▸ **The data**:
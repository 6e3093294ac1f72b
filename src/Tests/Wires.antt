-- ===== src/Tests/Wires.antt =====
-- Transfers over a concrete connection.
use itertk.Base.{ℕ, zero, suc, ◌≡◌, refl, true, some, List, [], ◌∷◌, arith, replicate, ap}
use itertk.Wire.{Poll, NetConn, Step, Prompt, turns}
use itertk.Wire.Receive.{web_conn_recv}
use itertk.Wire.Receive.Blocks.{Receives, Serves, web_conn_recv-Receives, web_conn_recv_total}
use itertk.Wire.Send.{net_conn_send_pkt}
use itertk.Wire.Send.Blocks.{Delivers, net_conn_send_pkt-Delivers, net_conn_send_pkt_total}

-- `n` turns that move one byte each, with the clock standing still
abbrev pub burst : ℕ → ℕ × List Poll
burst n = (0, replicate n (Poll.moved 1 0 0))

burst-Prompt : (n : ℕ) → Prompt 0 (replicate n (Poll.moved 1 0 0))
burst-Prompt zero = tt
burst-Prompt (suc n) = (omega arith, refl, refl, burst-Prompt n)

burst-turns : (n : ℕ) → turns (replicate n (Poll.moved 1 0 0)) ≡ n
burst-turns zero = refl
burst-turns (suc n) = ap suc (burst-turns n)

pub burst-Serves : (n : ℕ) → Serves n (burst n)
burst-Serves n = record { prompt = burst-Prompt n; enough = omega (arith, burst-turns n) }

abbrev pub demo_conn : List ℕ → List (ℕ × List Poll) → NetConn
demo_conn inbox calls = record {
  conn_idx = some 0;
  client_conn = some 7;
  file_type = 0xff;
  idle = 0;
  clientip = [];
  inbox = inbox;
  outbox = [];
  calls = calls;
}

web_conn_recv-Receives_example :
    Receives 2
      (demo_conn (1 ∷ 2 ∷ 3 ∷ []) (burst 2 ∷ []))
      (web_conn_recv 2 (demo_conn (1 ∷ 2 ∷ 3 ∷ []) (burst 2 ∷ [])))
web_conn_recv-Receives_example =
    web_conn_recv-Receives 2 (demo_conn (1 ∷ 2 ∷ 3 ∷ []) (burst 2 ∷ []))

web_conn_recv_total_example :
    web_conn_recv 2 (demo_conn (1 ∷ 2 ∷ 3 ∷ []) (burst 2 ∷ []))
    ≡ Step.done (record { ok = true; got = 1 ∷ 2 ∷ [] }, demo_conn (3 ∷ []) [])
web_conn_recv_total_example =
    web_conn_recv_total 2 (burst 2) [] (demo_conn (1 ∷ 2 ∷ 3 ∷ []) (burst 2 ∷ [])) refl refl
      (burst-Serves 2) (omega arith) (omega arith)

net_conn_send_pkt-Delivers_example :
    Delivers
      (5 ∷ 6 ∷ [])
      (demo_conn [] (burst 2 ∷ []))
      (net_conn_send_pkt (5 ∷ 6 ∷ []) (demo_conn [] (burst 2 ∷ [])))
net_conn_send_pkt-Delivers_example =
    net_conn_send_pkt-Delivers (5 ∷ 6 ∷ []) (demo_conn [] (burst 2 ∷ []))

net_conn_send_pkt_total_example :
    net_conn_send_pkt (5 ∷ 6 ∷ []) (demo_conn [] (burst 2 ∷ []))
    ≡ (let c = demo_conn [] [] in Step.done (true, record c { outbox = 5 ∷ 6 ∷ [] }))
net_conn_send_pkt_total_example =
    net_conn_send_pkt_total (5 ∷ 6 ∷ []) (burst 2) [] (demo_conn [] (burst 2 ∷ [])) refl refl
      (burst-Serves 2) (omega arith)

▸ **Problem to work on**: All lines with the string "Serves" must be copied from the data.

▸ **Reply**:
use itertk.Wire.Receive.Blocks.{Receives, Serves, web_conn_recv-Receives, web_conn_recv_total}
pub burst-Serves : (n : ℕ) → Serves n (burst n)
burst-Serves n = record { prompt = burst-Prompt n; enough = omega (arith, burst-turns n) }
      (burst-Serves 2) (omega arith) (omega arith)
      (burst-Serves 2) (omega arith)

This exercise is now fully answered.